The obvious use is to watch TV and movies on it. However, I remember other
interesting research uses for projectors.

The first well-known one is a major part of a multi-touch display. Of course,
with OLEDs, it might be possible to make one without a projector--it just
won't be as big.

Second, Johnny Lee, in addition to his Wii IR goggles, has previous projects,
where he can detect the orientation of portable display surfaces (like a small
board) by projecting gray codes. He cheats a little by having photo sensors at
the corners of the small board, but the idea is to be able to project onto any
surface, and for the projects to 'follow' it, as you move it around.
<http://www.cs.cmu.edu/~johnny/projects/thesis/>

As a curiosity, there was a paper on HN a long time ago about seeing the back
of a card. It used a projector to project patterns(gray codes again, I think),
on the card, and a camera to read the reflection of the color off a book page
facing the back of the card.
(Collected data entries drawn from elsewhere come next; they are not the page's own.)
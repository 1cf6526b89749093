-- ===== src/Proxy/Command/Requests.antt =====
-- The commands of a client, laid out as the protocol prescribes, are taken apart.
use mindsdb_database_ai.Prelude.{
  ℕ, ◌%◌, ◌^◌, ◌<◌, ◌≡◌, ◌≢◌, arith, true, false, Option, some, List, [], ◌∷◌, ◌++◌, length, map,
  append-nil, All, Result, ok, raise, refl, ◌>>=◌, ==_ne,
}
use mindsdb_database_ai.Prelude.Bytes.{Bytes, le_bytes}
use mindsdb_database_ai.Prelude.Table.{Table, lookup}
use mindsdb_database_ai.Wire.Datum.{Value, bytes, num, set_from_buff}
use mindsdb_database_ai.Wire.Datum.RoundTrip.{Reads-num}
use mindsdb_database_ai.Session.{Stmt}
use mindsdb_database_ai.Proxy.Params.Untyped.{untyped_bytes, read_again, read_params-untyped}
use mindsdb_database_ai.Proxy.Params.{read_params}
use mindsdb_database_ai.Proxy.Params.RoundTrip.{
  Param, IsParam, params_bytes, read_as, read_params-params_bytes,
}
use mindsdb_database_ai.Proxy.Command.{
  com_init_db, com_query, com_stmt_prepare, com_stmt_execute, com_stmt_close, com_stmt_fetch,
  Command, with_sql, execute, close, fetch, init_db, with_data, has_params, setup_execute,
  setup_fetch, setup_as, setup,
}

-- What a client asks for.
pub data Request : Type 0 where
  ask_query ask_prepare ask_init_db : Bytes → Request
  ask_execute : (stmt_id flags iteration_count : ℕ) → List Param → Bytes → Request
  ask_again : (stmt_id flags iteration_count : ℕ) → Param → List Param → Bytes → Request
  ask_plain : (stmt_id flags iteration_count : ℕ) → Bytes → Request
  ask_close : (stmt_id : ℕ) → Request
  ask_fetch : (stmt_id limit : ℕ) → Request
  ask_other : ℕ → Bytes → Request

abbrev pub execute_bytes : (stmt_id flags iteration_count : ℕ) → Bytes → Bytes
execute_bytes i flags count rest =
    com_stmt_execute ∷ (le_bytes 4 i ++ (le_bytes 1 flags ++ (le_bytes 4 count ++ rest)))

abbrev pub request_bytes : Request → Bytes
request_bytes (ask_query sql) = com_query ∷ sql
request_bytes (ask_prepare sql) = com_stmt_prepare ∷ sql
request_bytes (ask_init_db name) = com_init_db ∷ name
request_bytes (ask_execute i flags count ps rest) =
    execute_bytes i flags count (params_bytes ps ++ rest)
request_bytes (ask_again i flags count p ps rest) =
    execute_bytes i flags count (untyped_bytes (p ∷ ps) rest)
request_bytes (ask_plain i flags count rest) = execute_bytes i flags count rest
request_bytes (ask_close i) = com_stmt_close ∷ le_bytes 4 i
request_bytes (ask_fetch i limit) = com_stmt_fetch ∷ (le_bytes 4 i ++ le_bytes 4 limit)
request_bytes (ask_other c rest) = c ∷ rest

abbrev pub set_to : Command → Result (Option Command)
set_to command = ok (some command)

-- What `setup` makes of it: the fields, or what reading parameters without types raises.
abbrev pub answer_of : Request → Result (Option Command)
answer_of (ask_query sql) = set_to (with_sql (num com_query) (bytes sql))
answer_of (ask_prepare sql) = set_to (with_sql (num com_stmt_prepare) (bytes sql))
answer_of (ask_init_db name) = set_to (init_db (bytes name))
answer_of (ask_execute i flags count ps rest) =
    set_to (execute (num i) (num flags) (num count) (map read_as ps))
answer_of (ask_again i flags count p ps rest) = read_again (p ∷ ps) >>= λ parameters.
    set_to (execute (num i) (num flags) (num count) parameters)
answer_of (ask_plain i flags count rest) = set_to (execute (num i) (num flags) (num count) [])
answer_of (ask_close i) = set_to (close (num i))
answer_of (ask_fetch i limit) = set_to (fetch (num i) (num limit))
answer_of (ask_other c rest) = set_to (with_data (num c) (bytes rest))

bind_assoc {ℓ κ μ} :
    {A : Type ℓ} {B : Type κ} {C : Type μ} (r : Result A) (f : A → Result B) (g : B → Result C)
    → ((r >>= f) >>= g) ≡ (r >>= λ x. f x >>= g)
bind_assoc (ok x) f g = refl
bind_assoc (raise e) f g = refl

module _ {ℓ} {S : Type ℓ} (num_params : S → ℕ) (prepared_stmts : Table (Stmt S)) where
  -- The numbers of an execution fit, and the statement is open and of this kind.
  abbrev pub Executes : (stmt_id flags iteration_count : ℕ) → (Stmt S → Type 0) → Type ℓ
  Executes i flags count Kind =
      (i < 2 ^ 32)
      × (flags < 256)
      × (count < 2 ^ 32)
      × ((stmt : Stmt S) × (lookup i prepared_stmts ≡ some stmt) × Kind stmt)

  abbrev pub Takes : ℕ → Stmt S → Type 0
  Takes n stmt = (has_params stmt.stmt_type ≡ true) × (num_params stmt.statement ≡ n)

  -- The numbers fit; an executed statement is open, and takes as many parameters or none.
  abbrev pub IsRequest : Request → Type ℓ
  IsRequest (ask_execute i flags count ps rest) =
      All IsParam ps × Executes i flags count (Takes (length ps))
  IsRequest (ask_again i flags count p ps rest) = Executes i flags count (Takes (length (p ∷ ps)))
  IsRequest (ask_plain i flags count rest) =
      Executes i flags count (λ stmt. has_params stmt.stmt_type ≡ false)
  IsRequest (ask_close i) = Unit {ℓ} × (i < 2 ^ 32)
  IsRequest (ask_fetch i limit) = Unit {ℓ} × (i < 2 ^ 32) × (limit < 2 ^ 32)
  IsRequest (ask_other c rest) =
      Unit {ℓ}
      × (c < 256)
      × (c ≢ com_query)
      × (c ≢ com_stmt_prepare)
      × (c ≢ com_stmt_execute)
      × (c ≢ com_stmt_close)
      × (c ≢ com_stmt_fetch)
      × (c ≢ com_init_db)
  IsRequest _ = Unit {ℓ}

  read_type :
      (c : ℕ) (rest : Bytes)
      → c < 256
      → setup num_params prepared_stmts (c ∷ rest)
        ≡ (setup_as num_params prepared_stmts c (num c) rest >>= λ command. ok (some command))
  unfolding setup le_bytes
  read_type c rest h =
      let low : c % 256 ≡ c = omega arith in
      let reads = rw low at (Reads-num 1 c (omega arith) (omega arith) rest) in rw reads

  abbrev parameters_of : Stmt S → Bytes → Result (List (Option Value))
  parameters_of stmt rest = elim (has_params stmt.stmt_type) [
    | true ↦ read_params rest (num_params stmt.statement)
    | false ↦ ok []
  ]

  read_execute :
      (i flags count : ℕ) (rest : Bytes)
      → i < 2 ^ 32
      → flags < 256
      → count < 2 ^ 32
      → {stmt : Stmt S} → lookup i prepared_stmts ≡ some stmt
      → setup num_params prepared_stmts (execute_bytes i flags count rest) ≡ (
          parameters_of stmt rest >>= λ parameters.
          set_to (execute (num i) (num flags) (num count) parameters))
  unfolding setup_as setup_execute set_from_buff
  read_execute i flags count rest hi hf hc {stmt} found =
      rw
        (
          read_type com_stmt_execute _ (omega arith),
          Reads-num 4 i (omega arith) hi,
          Reads-num 1 flags (omega arith) hf,
          Reads-num 4 count (omega arith) hc,
          found,
        )
        (bind_assoc (parameters_of stmt rest)
          (λ ps. ok (execute (num i) (num flags) (num count) ps)) (λ command. ok (some command)))

  -- A query, a prepare, a change of the database, the close and the fetch of a statement, and a
  -- command of another type set the fields that the client sent. So does the execution of an open
  -- statement that takes no parameters, and of one that takes them where the client sends as many
  -- with their types, a negative one with the number that it is read as. An execution without the
  -- types sets the parameters where all are null, and raises an IndexError where one is not. All
  -- numbers fit their fields.
  pub setup-request_bytes :
      (r : Request) → IsRequest r → setup num_params prepared_stmts (request_bytes r) ≡ answer_of r
  unfolding setup_as setup_fetch set_from_buff
  setup-request_bytes (ask_query sql) h = rw (read_type com_query sql (omega arith))
  setup-request_bytes (ask_prepare sql) h = rw (read_type com_stmt_prepare sql (omega arith))
  setup-request_bytes (ask_init_db name) h = rw (read_type com_init_db name (omega arith))
  setup-request_bytes (ask_execute i flags count ps rest)
        (hp, (hi, hf, hc, (stmt, found, (takes, same)))) =
      rw (
        read_execute i flags count (params_bytes ps ++ rest) hi hf hc found,
        parameters_of,
        takes,
        same,
        read_params-params_bytes ps rest hp,
      )
  setup-request_bytes (ask_again i flags count p ps rest)
        (hi, hf, hc, (stmt, found, (takes, same))) =
      rw (
        read_execute i flags count (untyped_bytes (p ∷ ps) rest) hi hf hc found,
        parameters_of,
        takes,
        same,
        read_params-untyped p ps rest,
      )
  setup-request_bytes (ask_plain i flags count rest) (hi, hf, hc, (stmt, found, none_taken)) =
      rw (read_execute i flags count rest hi hf hc found, parameters_of, none_taken)
  setup-request_bytes (ask_close i) h = rw (
    read_type com_stmt_close _ (omega arith),
    ← append-nil (le_bytes 4 i),
    Reads-num 4 i (omega arith) h.1 [],
  )
  setup-request_bytes (ask_fetch i limit) (_, hi, hl) = rw (
    read_type com_stmt_fetch _ (omega arith),
    Reads-num 4 i (omega arith) hi,
    ← append-nil (le_bytes 4 limit),
    Reads-num 4 limit (omega arith) hl [],
  )
  setup-request_bytes (ask_other c rest) (_, hc, nq, np, ne, nc, nf, ni) = rw (
    read_type c rest hc,
    ==_ne c com_query nq,
    ==_ne c com_stmt_prepare np,
    ==_ne c com_stmt_execute ne,
    ==_ne c com_stmt_close nc,
    ==_ne c com_stmt_fetch nf,
    ==_ne c com_init_db ni,
  )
Doing this, they were able to reconstruct the
image of the card.

Lastly, it doesn't have to be a projector of visible light. If you had another
'channel' to project into your environment from your phone, you can probably
detect what's out there

I personally want contact lenses that does augmented reality. because one is
in each eye, it should be possible to create the illusion of floating displays
in the air. That way, you can see it, an no one else would.

------
mhb
I'm waiting for laser projectors: <http://www.colorvision-
lasers.com/displays.aspx#>

Yes - I may be waiting a while.

------
papersmith
This is actually one of my imaginary gadgets in high school. There's also
laptops with vertically rollable fabric screens.